Book matters, People

The last interview I did for the book was in November last year. Right now, I cannot remember if it was with a parent or the pastor of a special congregation. It is likely the former.

Today, I met up with Seng Wei, a father whose son is in a mainstream school but requires much learning support. This is the first interview I’m doing after a 10-month hiatus and I’m really thankful for the affable nature of this parent. He is candid about the situation and during our conversation, shared openly his views and opinions.

As I packed up my things after our conversation was done, a familiar sense of poignancy filled me.

Fiddling and twiddling with that feeling, I realise this is what happens each time I finish an interview with a parent whose child has special needs. I get drawn into the experience and I feel too much.
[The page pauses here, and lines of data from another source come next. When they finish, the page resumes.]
-- ===== src/Webhook/Reconcile.antt =====
-- `reconcileFeaturedSubscription` (lib/spots/webhook.ts): PayPal is asked, and its answer goes
-- through the transitions of a webhook.
use directory_platform.Common.{ℕ, Bool, true, false, Option, none, some, List, ◌∷◌}
use directory_platform.Provider.{
  PayPalClient, ProviderStatus, is_active, is_suspended, is_cancelled, is_expired,
  is_approval_pending, unlisted, SubscriptionView,
}
use directory_platform.Notify.{spots_system_viewer}
use directory_platform.Store.Rows.{get_subscription}
use directory_platform.Store.Tx.{Tx, on_option, pure, gets, ◌>>=◌, ◌>>◌, modify}
use directory_platform.Store.Spots.{PagePath}
use directory_platform.Store.Subscriptions.{featured_subscription_for_event}
use directory_platform.Webhook.{
  EventType, subscription_activated, subscription_suspended, subscription_cancelled,
  subscription_expired, PayPalEvent, AppliedAction, FeaturedWebhookOutcome, unknown_subscription,
  ignored, applied, process_featured_event,
}

pub data FeaturedReconcileOutcome : Type 0 where
  not_configured not_known not_found provider_error : FeaturedReconcileOutcome
  still_pending : ProviderStatus → FeaturedReconcileOutcome
  reconciled : AppliedAction → List PagePath → FeaturedReconcileOutcome

-- `STATUS_EVENTS[view.status]`
unfoldable pub status_event : ProviderStatus → Option EventType
status_event is_active = some subscription_activated
status_event is_suspended = some subscription_suspended
status_event is_cancelled = some subscription_cancelled
status_event is_expired = some subscription_expired
status_event is_approval_pending = none
status_event unlisted = none

abbrev says_active : ProviderStatus → Bool
says_active is_active = true
says_active _ = false

unfoldable pub event_of_view : SubscriptionView → EventType → PayPalEvent
event_of_view view type = record {
  type = type;
  resource_id = some view.id;
  billing_agreement_id = none;
  custom_id = none;
  status_is_active = says_active view.status;
  quantity = view.quantity;
  next_billing_time = view.next_billing_time;
}

unfoldable pub outcome_of : ProviderStatus → FeaturedWebhookOutcome → FeaturedReconcileOutcome
outcome_of status (applied action paths) = reconciled action paths
outcome_of status unknown_subscription = still_pending status
outcome_of status (ignored reason) = still_pending status

unfoldable pub apply_view : PayPalClient → SubscriptionView → Tx FeaturedReconcileOutcome
apply_view client view =
    on_option (status_event view.status) (pure (still_pending view.status)) λ type. do
      out ← process_featured_event (some client) (event_of_view view type)
      pure (outcome_of view.status out)

-- The read is logged whether or not PayPal could be reached; an error is an outcome here.
unfoldable pub ask_and_apply : PayPalClient → ℕ → Tx FeaturedReconcileOutcome
ask_and_apply client provider_id = do
  answer ← gets (λ s. client.get provider_id s.calls)
  modify (λ s. record s { calls = get_subscription provider_id ∷ s.calls })
  on_option answer (pure provider_error)
      λ found. on_option found (pure not_found) λ view. apply_view client view

unfoldable pub reconcile_featured_subscription :
    Option PayPalClient → ℕ → Tx FeaturedReconcileOutcome
reconcile_featured_subscription client provider_id = on_option client (pure not_configured) λ c. do
  sub ← featured_subscription_for_event spots_system_viewer (some provider_id) none
  on_option sub (pure not_known) λ row. ask_and_apply c provider_id
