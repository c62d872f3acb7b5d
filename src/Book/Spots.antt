-- ===== src/Book/Spots.antt =====
-- What a closed spot and an expired request do to the book (lib/db/queries/spots.ts).
use directory_platform.Common.{
  ℕ, ◌≡◌, refl, ap₂, ◌∙◌, Bool, true, false, not, ◌&&◌, Option, none, some, List, [], ◌∷◌, map,
  ◌==◌, if◌then◌else◌, is_some,
}
use directory_platform.Store.Rows.{BidRow, Db, SpotKey, Viewer}
use directory_platform.Store.Tx.{Result, ok, is_admin}
use directory_platform.Store.Triple.{
  Ends, Triple, Keeps-gets, Keeps-for_each, Keeps-modify, Triple-bind, Triple-if, Triple-pure,
}
use directory_platform.Store.Frame.{
  Holds, frame-assert_worker, frame-write_audit_as, frame-enqueue_job, frame-actor_for,
  frame-spot_paths, frame-ensure_spot,
}
use directory_platform.Store.Spots.{
  AdminSpotResult, done, not_allowed, cancelled_row, live_on_spot, close_spot,
}
use directory_platform.Store.Bids.{
  raises_of, unconfirmed_of, unraised_row, expired_row, expire_pending_bids,
}
use directory_platform.Engine.Confirmed.{HasDistinctIds}
use directory_platform.Book.{
  withdrawn, is_waiting, is_withdrawn, stage_of, Entry, entry, book, Shows,
}
use directory_platform.Book.Queries.{
  cancelled_id, cancelled_is_withdrawn, pending_waits, update-Shows,
}

-- An entry of a spot that is closed.
abbrev pub close_entry : ℕ → Entry → Entry
close_entry spot_id e =
    if e.spot_id == spot_id && not (is_withdrawn e.stage)
    then record e { raise = none; stage = withdrawn }
    else e

-- The book after an administrator's request, which may be refused.
abbrev pub closed_book : AdminSpotResult → List Entry → List Entry
closed_book (done spot_id owners paths) m = map (close_entry spot_id) m
closed_book not_allowed m = m

-- An entry whose unpaid requests have expired: it keeps what PayPal has confirmed.
abbrev unraised_entry : ℕ → Entry → Entry
unraised_entry listing_id e = if e.listing_id == listing_id then record e { raise = none } else e

abbrev unplaced_entry : ℕ → Entry → Entry
unplaced_entry listing_id e =
    if e.listing_id == listing_id && is_waiting e.stage then record e { stage = withdrawn } else e

abbrev pub expire_entry : ℕ → Entry → Entry
expire_entry listing_id e =
    if e.listing_id == listing_id
    then record e { raise = none; stage = if is_waiting e.stage then withdrawn else e.stage }
    else e

closed_row-entry :
    (spot_id at : ℕ) (b : BidRow)
    → entry (if live_on_spot spot_id b then cancelled_row at b else b)
      ≡ close_entry spot_id (entry b)
unfolding cancelled_row
closed_row-entry spot_id at b =
    rw (cancelled_is_withdrawn b.status)
      (split (b.spot_id == spot_id && not (is_withdrawn (stage_of b.status))))
  where
    split :
        (c : Bool)
        → entry (if c then cancelled_row at b else b)
          ≡ (if c then record (entry b) { raise = none; stage = withdrawn } else entry b)
    split true = refl
    split false = refl

close_spot-Shows :
    (m : List Entry) (v : Viewer) (key : SpotKey) (ip : Option ℕ)
    → Triple (Holds (Shows m)) (close_spot v key ip) (λ r. Holds (Shows (closed_book r m)))
unfolding close_spot
close_spot-Shows m v key ip =
    Triple-if (not (is_admin v)) _ _ (λ e. Triple-pure _ (λ s h. h))
      λ e. Triple-bind _ _ _ (frame-ensure_spot (Shows m) v key) λ spot.
        let after = Shows (map (close_entry spot.id) m) in
        Triple-bind _ _ _ (Keeps-gets _) λ at. Triple-bind _ _ _ (Keeps-gets _) λ rows.
          Triple-bind _ _ _
            (update-Shows m _ _ _ (λ b. cancelled_id at b) (closed_row-entry spot.id at))
            λ _. Triple-bind _ _ _ (frame-actor_for after v) λ actor.
              Triple-bind _ _ _ (Keeps-for_each _ _ λ b. frame-write_audit_as after _ _ _ _) λ _.
                Triple-bind _ _ _ (Keeps-modify _ (λ s h. h)) λ _.
                  Triple-bind _ _ _ (Keeps-for_each _ _ λ l. frame-enqueue_job after _) λ _.
                    Triple-bind _ _ _ (frame-write_audit_as after _ _ _ _) λ _.
                      Triple-bind _ _ _ (frame-spot_paths after spot.id)
                        λ paths. Triple-pure _ (λ s h. h)

unraised_row-entry :
    (l at : ℕ) (b : BidRow)
    → entry (if raises_of l b then unraised_row at b else b) ≡ unraised_entry l (entry b)
unfolding unraised_row
unraised_row-entry l at b = split (b.listing_id == l) b.pending_amount_cents refl
  where
    split :
        (c : Bool) (o : Option ℕ)
        → b.pending_amount_cents ≡ o
        → entry (if c && is_some b.pending_amount_cents then unraised_row at b else b)
          ≡ (if c then record (entry b) { raise = none } else entry b)
    split true none e = rw e refl
    split true (some a) e = rw e refl
    split false o e = refl

expired_row-entry :
    (l at : ℕ) (b : BidRow)
    → entry (if unconfirmed_of l b then expired_row at b else b) ≡ unplaced_entry l (entry b)
unfolding expired_row
expired_row-entry l at b =
    rw (pending_waits b.status) (split (b.listing_id == l && is_waiting (stage_of b.status)))
  where
    split :
        (c : Bool)
        → entry (if c then expired_row at b else b)
          ≡ (if c then record (entry b) { stage = withdrawn } else entry b)
    split true = refl
    split false = refl

-- the two statements, one after the other
unplaced-unraised : (l : ℕ) (e : Entry) → unplaced_entry l (unraised_entry l e) ≡ expire_entry l e
unplaced-unraised l e = by_test (e.listing_id == l) refl
  where
    by_stage :
        (w : Bool)
        → (if w then record e { raise = none; stage = withdrawn } else record e { raise = none })
          ≡ record e { raise = none; stage = if w then withdrawn else e.stage }
    by_stage true = refl
    by_stage false = refl

    by_test :
        (c : Bool)
        → (e.listing_id == l) ≡ c
        → unplaced_entry l (unraised_entry l e) ≡ expire_entry l e
    by_test true h = rw h (rw h (by_stage (is_waiting e.stage)))
    by_test false h = simp (h)

map-unplaced-unraised :
    (l : ℕ) (m : List Entry)
    → map (unplaced_entry l) (map (unraised_entry l) m) ≡ map (expire_entry l) m
map-unplaced-unraised l [] = refl
map-unplaced-unraised l (e ∷ es) = ap₂ ◌∷◌ (unplaced-unraised l e) (map-unplaced-unraised l es)

expire_pending_bids-Shows :
    (m : List Entry) (v : Viewer) (l : ℕ)
    → Triple
        (Holds (Shows m))
        (expire_pending_bids v l)
        (λ _. Holds (Shows (map (unplaced_entry l) (map (unraised_entry l) m))))
unfolding expire_pending_bids unraised_row expired_row
expire_pending_bids-Shows m v l =
    let dropped = map (unraised_entry l) m in
    let after = Shows (map (unplaced_entry l) dropped) in
    Triple-bind _ _ _ (frame-assert_worker (Shows m) v) λ _. Triple-bind _ _ _ (Keeps-gets _) λ at.
      Triple-bind _ _ _ (Keeps-gets _) λ rows.
        Triple-bind _ _ _ (update-Shows m _ _ _ (λ b. unraised_id at b) (unraised_row-entry l at))
          λ _. Triple-bind _ _ _ (Keeps-gets _) λ gone.
            Triple-bind _ _ _
              (update-Shows dropped _ _ _ (λ b. expired_id at b) (expired_row-entry l at))
              λ _.
                Triple-bind _ _ _ (Keeps-for_each _ _ λ b. frame-write_audit_as after _ _ _ _)
                  λ _. Triple-pure _ (λ s h. h)
  where
    unraised_id : (at : ℕ) (b : BidRow) → (unraised_row at b).id ≡ b.id
    unraised_id at b = refl

    expired_id : (at : ℕ) (b : BidRow) → (expired_row at b).id ≡ b.id
    expired_id at b = refl

-- what a run that returned has done
pub read_run :
    {A : Type 0} (f : A → List Entry) (r : Result (A × Db)) (a : A) (s' : Db)
    → r ≡ ok (a, s')
    → Ends (λ a. Holds (Shows (f a))) r
    → book s' ≡ f a
read_run f r a s' e h = read (rw e at h)
  where
    read : Shows (f a) s'.bids → book s' ≡ f a
    read k = k.1

-- With distinct ids of bids, when an administrator's closing of a spot returns `done`, every bid
-- of that spot that was not withdrawn is withdrawn with its raise, and no other bid's amount,
-- raise or stage changes; when it is refused as not allowed, no bid's does.
pub close_spot-book :
    (v : Viewer) (key : SpotKey) (ip : Option ℕ) (s s' : Db) (r : AdminSpotResult)
    → HasDistinctIds s.bids
    → close_spot v key ip s ≡ ok (r, s')
    → book s' ≡ closed_book r (book s)
close_spot-book v key ip s s' r d e =
    read_run (λ r. closed_book r (book s)) _ r s' e
      ((close_spot-Shows (book s) v key ip).at s (d, refl))

-- With distinct ids of bids, when `expirePendingBids` returns, the bids of the listing that wait
-- for PayPal are withdrawn and every raise of the listing is dropped: its confirmed bids keep
-- their amounts, and no bid of another listing changes its amount, raise or stage.
pub expire_pending_bids-book :
    (v : Viewer) (listing_id : ℕ) (s s' : Db) (spots : List ℕ)
    → HasDistinctIds s.bids
    → expire_pending_bids v listing_id s ≡ ok (spots, s')
    → book s' ≡ map (expire_entry listing_id) (book s)
expire_pending_bids-book v l s s' spots d e =
    read_run (λ _. map (unplaced_entry l) (map (unraised_entry l) (book s))) _ spots s' e
      ((expire_pending_bids-Shows (book s) v l).at s (d, refl))
    ∙ map-unplaced-unraised l (book s)
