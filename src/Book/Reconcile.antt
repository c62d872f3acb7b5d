-- ===== src/Book/Reconcile.antt =====
-- What `reconcileFeaturedSubscription` (lib/spots/webhook.ts) does to the book for each status
-- that PayPal may report.
use directory_platform.Common.{
  ℕ, ◌≡◌, refl, sym, ◌∙◌, Bool, true, false, Option, none, some, List, ◌∷◌, map, if◌then◌else◌,
  option_eq, find?,
}
use directory_platform.Provider.{
  PayPalClient, ProviderStatus, is_active, is_suspended, is_cancelled, is_expired,
  is_approval_pending, unlisted, SubscriptionView,
}
use directory_platform.Notify.{spots_system_viewer}
use directory_platform.Store.Rows.{Db, FeaturedSubscription, get_subscription}
use directory_platform.Store.Tx.{
  ok, Tx, pure, gets, modify, on_option, continue, require, assert_worker, ◌>>=◌,
}
use directory_platform.Store.Triple.{
  Ends, Triple, Triple-if, Triple-pure, Keeps-pure, Ends-continue,
}
use directory_platform.Store.Frame.{Holds}
use directory_platform.Store.Subscriptions.{is_paused, featured_subscription_for_event}
use directory_platform.Engine.Confirmed.{HasDistinctIds}
use directory_platform.Webhook.{
  EventType, PayPalEvent, is_closed, covers, confirm_row, provider_subscription_id_for, apply_type,
  process_featured_event,
}
use directory_platform.Webhook.Closed.{Finds}
use directory_platform.Webhook.Reconcile.{
  FeaturedReconcileOutcome, status_event, event_of_view, outcome_of, apply_view, ask_and_apply,
  reconcile_featured_subscription,
}
use directory_platform.Book.{Entry, book, Shows, cancel_entry}
use directory_platform.Book.Events.{
  confirmed_book, process_found, lapse_row-Shows, confirm_row-Shows,
}
use directory_platform.Book.Spots.{read_run}

-- The subscription that PayPal's id names.
abbrev pub Names : ℕ → Db → FeaturedSubscription → Type 0
Names id s sub =
    find? (λ r. option_eq r.provider_subscription_id (some id)) s.subscriptions ≡ some sub

-- The book once PayPal has reported a status and a quantity.
abbrev pub reported_book :
    ProviderStatus → Option ℕ → FeaturedSubscription → List Entry → List Entry
reported_book is_active quantity sub m =
    if is_closed sub.status then m else confirmed_book sub (covers sub quantity) m
reported_book is_suspended quantity sub m =
    if is_paused sub.status then m else map (cancel_entry sub.listing_id) m
reported_book is_cancelled quantity sub m = map (cancel_entry sub.listing_id) m
reported_book is_expired quantity sub m = map (cancel_entry sub.listing_id) m
reported_book is_approval_pending quantity sub m = m
reported_book unlisted quantity sub m = m

lookup :
    (id : ℕ) (sub : FeaturedSubscription) (s : Db)
    → Names id s sub
    → featured_subscription_for_event spots_system_viewer (some id) none s ≡ ok (some sub, s)
unfolding featured_subscription_for_event assert_worker require gets pure ◌>>=◌
lookup id sub s h = rw h refl

module _ (m : List Entry) (c : PayPalClient) (sub : FeaturedSubscription) where
  -- a transaction that leaves a book leaves the same book under another name
  renamed :
      {A : Type 0} (m' m'' : List Entry) (t : Tx A)
      → m' ≡ m''
      → Triple (Holds (Shows m)) t (λ _. Holds (Shows m'))
      → Triple (Holds (Shows m)) t (λ _. Holds (Shows m''))
  renamed m' m'' t e k = rw⁻¹ e k

  -- a row that is closed is not confirmed
  closed-Shows :
      (event : PayPalEvent)
      → is_closed sub.status ≡ true
      → Triple (Holds (Shows m)) (confirm_row (some c) sub event) (λ _. Holds (Shows m))
  unfolding confirm_row
  closed-Shows event h = rw h (Keeps-pure _)

  active-Shows :
      (event : PayPalEvent) (b : Bool)
      → is_closed sub.status ≡ b
      → Triple
          (Holds (Shows m))
          (confirm_row (some c) sub event)
          (λ _. Holds (Shows (reported_book is_active event.quantity sub m)))
  active-Shows event true h = renamed m _ _ (rw h refl) (closed-Shows event h)
  active-Shows event false h =
      renamed _ _ _ (rw h refl) (confirm_row-Shows m (some c) sub event (rw h refl))

  module _ (id : ℕ) (quantity next : Option ℕ) (s : Db) (named : Names id s sub) where
    abbrev view : ProviderStatus → SubscriptionView
    view st = record { id = id; status = st; quantity = quantity; next_billing_time = next }

    -- the run of the event of a view that finds the row
    reported-Ends :
        (m' : List Entry) (st : ProviderStatus) (type : EventType)
        → Finds (event_of_view (view st) type) s sub
        → Triple
            (Holds (Shows m))
            (apply_type
              (some c)
              sub
              (event_of_view (view st) type)
              (event_of_view (view st) type).type)
            (λ _. Holds (Shows m'))
        → Shows m s.bids
        → Ends
            (λ _. Holds (Shows m'))
            (continue
              (process_featured_event (some c) (event_of_view (view st) type) s)
              (λ out. pure (outcome_of st out)))
    reported-Ends m' st type found run k =
        Ends-continue {R = λ _. Holds (Shows m')} _ _
          (rw (process_found (some c) (event_of_view (view st) type) sub s found) (run.at s k))
          (λ out. Triple-pure _ (λ t h. h))

    view-Ends :
        (st : ProviderStatus)
        → Shows m s.bids
        → Ends (λ _. Holds (Shows (reported_book st quantity sub m))) (apply_view c (view st) s)
    unfolding apply_view status_event ◌>>=◌ on_option event_of_view provider_subscription_id_for
        apply_type pure
    view-Ends is_cancelled k =
        reported-Ends _ is_cancelled EventType.subscription_cancelled (lookup id sub s named)
          (lapse_row-Shows m (some c) sub _) k
    view-Ends is_expired k =
        reported-Ends _ is_expired EventType.subscription_expired (lookup id sub s named)
          (lapse_row-Shows m (some c) sub _) k
    view-Ends is_active k =
        reported-Ends _ is_active EventType.subscription_activated (lookup id sub s named)
          (active-Shows _ _ refl) k
    view-Ends is_suspended k =
        reported-Ends _ is_suspended EventType.subscription_suspended (lookup id sub s named)
          (Triple-if (is_paused sub.status) _ _ (λ e. renamed m _ _ (rw e refl) (Keeps-pure _))
            (λ e. renamed _ _ _ (rw e refl) (lapse_row-Shows m (some c) sub _)))
          k
    view-Ends is_approval_pending k = k
    view-Ends unlisted k = k

-- the run of a reconciliation that PayPal answers is the run of its answer
reconcile_run :
    (c : PayPalClient) (view : SubscriptionView) (sub : FeaturedSubscription) (s : Db)
    → Names view.id s sub
    → c.get view.id s.calls ≡ some (some view)
    → reconcile_featured_subscription (some c) view.id s
      ≡ apply_view c view (record s { calls = get_subscription view.id ∷ s.calls })
unfolding reconcile_featured_subscription ask_and_apply on_option ◌>>=◌ gets modify
reconcile_run c view sub s named answer = rw (lookup view.id sub s named, answer) refl

-- With distinct ids of bids, when PayPal answers a reconciliation with a view of the
-- subscription that it was asked about, and that is the id of a row, the book changes as the
-- view's status says if the reconciliation returns: an active one confirms the waiting bids and
-- raises of the listing unless the row is closed or no quantity covers the request, a
-- cancelled or expired one withdraws the listing's bids, so does a suspended one unless the row
-- is paused, and any other status changes nothing.
pub reconcile-book :
    (c : PayPalClient) (view : SubscriptionView) (sub : FeaturedSubscription) (s s' : Db)
    (out : FeaturedReconcileOutcome)
    → HasDistinctIds s.bids
    → Names view.id s sub
    → c.get view.id s.calls ≡ some (some view)
    → reconcile_featured_subscription (some c) view.id s ≡ ok (out, s')
    → book s' ≡ reported_book view.status view.quantity sub (book s)
reconcile-book c view sub s s' out d named answer e =
    read_run (λ _. reported_book view.status view.quantity sub (book s)) _ out s'
      (sym (reconcile_run c view sub s named answer) ∙ e)
      (view-Ends (book s) c sub view.id view.quantity view.next_billing_time
        (record s { calls = get_subscription view.id ∷ s.calls }) named view.status (d, refl))
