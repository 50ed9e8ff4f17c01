-- ===== src/Cbot/Claims.antt =====
-- What stands behind a claim of a cBot's pairing code.
use ctreader.Prelude.{
  ℕ, ◌<◌, ◌≡◌, sym, String, inl, inr, Bool, true, false, Option, none, some, List, arith, ok, ◌==◌,
  count, find_first, Option-cases, Bool-cases, >>=-split, outcome, ◌∙◌, is_some, leb, ap,
}
use ctreader.Config.{Config}
use ctreader.Schema.{
  Db, PairingCode, Subscription, Entitlement, CtraderAccountEnvironment, demo, live,
}
use ctreader.Crypto.{to_upper_case}
use ctreader.Subscriptions.{
  assert_can_pair_account, check_accounts, connected, current_for_user, open_entitlement,
}
use ctreader.Subscriptions.Queries.{current_for_user_keeps, current_for_user_returns}
use ctreader.Cbot.Pairing.{
  ClaimCbotPairingDto, CbotClaimReply, is_account, needs_room, check_cbot_claim, claim_cbot,
}

-- The plan has room for one more account of the user.
pub record HasRoom (now user_id : ℕ) (environment : CtraderAccountEnvironment) (db : Db)
    : Type 0 where
  pub subscription : Option Subscription
  pub entitlement : Entitlement
  pub current : (current_for_user now user_id db).0 ≡ ok subscription
  pub gives_access : open_entitlement subscription ≡ some entitlement
  pub room : count (connected user_id) db.cbots < entitlement.max_accounts
  pub may_be_live : environment ≡ live → entitlement.live_trading_enabled ≡ true

accounts_room :
    (e : Entitlement) (user_id : ℕ) (environment : CtraderAccountEnvironment) (db t : Db)
    → check_accounts e user_id environment db ≡ (ok tt, t)
    → (count (connected user_id) db.cbots < e.max_accounts)
      × (environment ≡ live → e.live_trading_enabled ≡ true)
unfolding check_accounts
accounts_room e user_id demo db t h = (ground arith, λ f. cc)
accounts_room e user_id live db t h = (ground arith, λ f. ground arith)

pair_room :
    (cfg : Config) (now user_id : ℕ) (environment : CtraderAccountEnvironment) (db t : Db)
    → cfg.subscriptions_enforced ≡ true
    → assert_can_pair_account cfg now user_id environment db ≡ (ok tt, t)
    → HasRoom now user_id environment db
unfolding assert_can_pair_account
pair_room cfg now user_id environment db t enforced h =
    elim (outcome (current_for_user now user_id db)) [
      | inr (x, failed) ↦ absurd (ground (arith, (current_for_user_returns now user_id db).1))
      | inl (o, read) ↦ elim (Option-cases (open_entitlement o)) [
        | inl missing ↦ absurd (ground arith)
        | inr (e, found) ↦
            let u = (current_for_user now user_id db).1 in
            let checked : check_accounts e user_id environment u ≡ (ok tt, t) = ground arith in
            let (room, may) = accounts_room e user_id environment u t checked in
            record {
              subscription = o;
              entitlement = e;
              current = ap (λ r. r.0) read;
              gives_access = found;
              room = rw ((current_for_user_keeps now user_id db).1) at room;
              may_be_live = may;
            }
      ]
    ]

-- The checks of a claim that went through, for an account that is not known or was revoked.
checked_room :
    (hash : List ℕ → ℕ) (cfg : Config) (now : ℕ) (dto : ClaimCbotPairingDto) (db t : Db)
    (pairing : PairingCode)
    → cfg.subscriptions_enforced ≡ true
    → check_cbot_claim hash cfg now dto db ≡ (ok pairing, t)
    → needs_room (find_first (is_account dto) db.cbots) ≡ true
    → (u : Db) × (assert_can_pair_account cfg now pairing.user_id dto.environment db ≡ (ok tt, u))
unfolding check_cbot_claim
checked_room hash cfg now dto db t pairing enforced h new =
    elim (outcome (assert_can_pair_account cfg now pairing.user_id dto.environment db)) [
      | inl (tt, passed) ↦ (_, passed)
      | inr (x, failed) ↦ absurd (ground arith)
    ]

abbrev pub with_hash : ℕ → PairingCode → Bool
with_hash key row = row.code_hash == key

-- The code's row stands behind the checks that passed.
checked_row :
    (hash : List ℕ → ℕ) (cfg : Config) (now : ℕ) (dto : ClaimCbotPairingDto) (db t : Db)
    (row pairing : PairingCode)
    → find_first (with_hash (hash (to_upper_case dto.code))) db.cbot_pairing_codes ≡ some row
    → check_cbot_claim hash cfg now dto db ≡ (ok pairing, t)
    → (is_some row.claimed_at ≡ false) × (leb row.expires_at now ≡ false)
unfolding check_cbot_claim
checked_row hash cfg now dto db t row pairing found h = elim (Bool-cases (is_some row.claimed_at)) [
  | inl used ↦ absurd (ground arith)
  | inr fresh ↦ elim (Bool-cases (leb row.expires_at now)) [
    | inl over ↦ absurd (ground arith)
    | inr early ↦ (fresh, early)
  ]
]

checked_same :
    (hash : List ℕ → ℕ) (cfg : Config) (now : ℕ) (dto : ClaimCbotPairingDto) (db t : Db)
    (row pairing : PairingCode)
    → find_first (with_hash (hash (to_upper_case dto.code))) db.cbot_pairing_codes ≡ some row
    → is_some row.claimed_at ≡ false
    → leb row.expires_at now ≡ false
    → check_cbot_claim hash cfg now dto db ≡ (ok pairing, t)
    → row ≡ pairing
unfolding check_cbot_claim
checked_same hash cfg now dto db t row pairing found fresh early h = ground arith

checked_missing :
    (hash : List ℕ → ℕ) (cfg : Config) (now : ℕ) (dto : ClaimCbotPairingDto) (db t : Db)
    (pairing : PairingCode)
    → find_first (with_hash (hash (to_upper_case dto.code))) db.cbot_pairing_codes ≡ none
    → ¬ (check_cbot_claim hash cfg now dto db ≡ (ok pairing, t))
unfolding check_cbot_claim
checked_missing hash cfg now dto db t pairing missing h = ground arith

checked_code :
    (hash : List ℕ → ℕ) (cfg : Config) (now : ℕ) (dto : ClaimCbotPairingDto) (db t : Db)
    (pairing : PairingCode)
    → check_cbot_claim hash cfg now dto db ≡ (ok pairing, t)
    → (find_first (with_hash (hash (to_upper_case dto.code))) db.cbot_pairing_codes ≡ some pairing)
      × (is_some pairing.claimed_at ≡ false)
      × (leb pairing.expires_at now ≡ false)
checked_code hash cfg now dto db t pairing h =
    elim (Option-cases
      (find_first (with_hash (hash (to_upper_case dto.code))) db.cbot_pairing_codes)) [
        | inl missing ↦ absurd (checked_missing hash cfg now dto db t pairing missing h)
        | inr (row, found) ↦
            let (fresh, early) = checked_row hash cfg now dto db t row pairing found h in
            let same = checked_same hash cfg now dto db t row pairing found fresh early h in
            (
              found ∙ ap some same,
              ap (λ r. is_some r.claimed_at) (sym same) ∙ fresh,
              ap (λ r. leb r.expires_at now) (sym same) ∙ early,
            )
      ]

-- Where subscriptions are enforced, a claim that succeeds for an account that is not connected
-- yet found the plan of the code's user with room for one more account, and allowing live trading
-- if the account is a live one.
pub claim_cbot-HasRoom :
    (hash : List ℕ → ℕ) (hash_token : ℕ → ℕ) (cfg : Config) (now later id token : ℕ)
    (dto : ClaimCbotPairingDto) (ip : Option String) (db t : Db) (reply : CbotClaimReply)
    → cfg.subscriptions_enforced ≡ true
    → claim_cbot hash hash_token cfg now later id token dto ip db ≡ (ok reply, t)
    → needs_room (find_first (is_account dto) db.cbots) ≡ true
    → (pairing : PairingCode) × (find_first
          (with_hash (hash (to_upper_case dto.code)))
          db.cbot_pairing_codes
        ≡ some pairing)
      × (is_some pairing.claimed_at ≡ false)
      × (leb pairing.expires_at now ≡ false)
      × HasRoom now pairing.user_id dto.environment db
unfolding claim_cbot
claim_cbot-HasRoom hash hash_token cfg now later id token dto ip db t reply enforced h new =
    >>=-split (check_cbot_claim hash cfg now dto) _ db h λ pairing u checked rest.
      let (v, passed) = checked_room hash cfg now dto db u pairing enforced checked new in
      let (found, unclaimed, early) = checked_code hash cfg now dto db u pairing checked in
      (
        pairing,
        found,
        unclaimed,
        early,
        pair_room cfg now pairing.user_id dto.environment db v enforced passed,
      )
This isn’t necessarily a bad thing–it’s why I’m passionate about helping families–but I need to learn emotional boundaries so that I can maintain my own mental health. This is important for me, especially when a lot of what is being related to me are heart-breaking accounts of something that had happened.

I enjoy my conversations with parents, don’t get me wrong. And I’m glad that parents are willing to open up and share their lives with me for the benefit of the book.

With a number more parent interviews to go, I will seek to strike that balance between lacking in empathy and too much empathy. Ground sentiment, instead of being dispiriting, can then be turned into positive energy that will propel me onward and towards the completion of this book.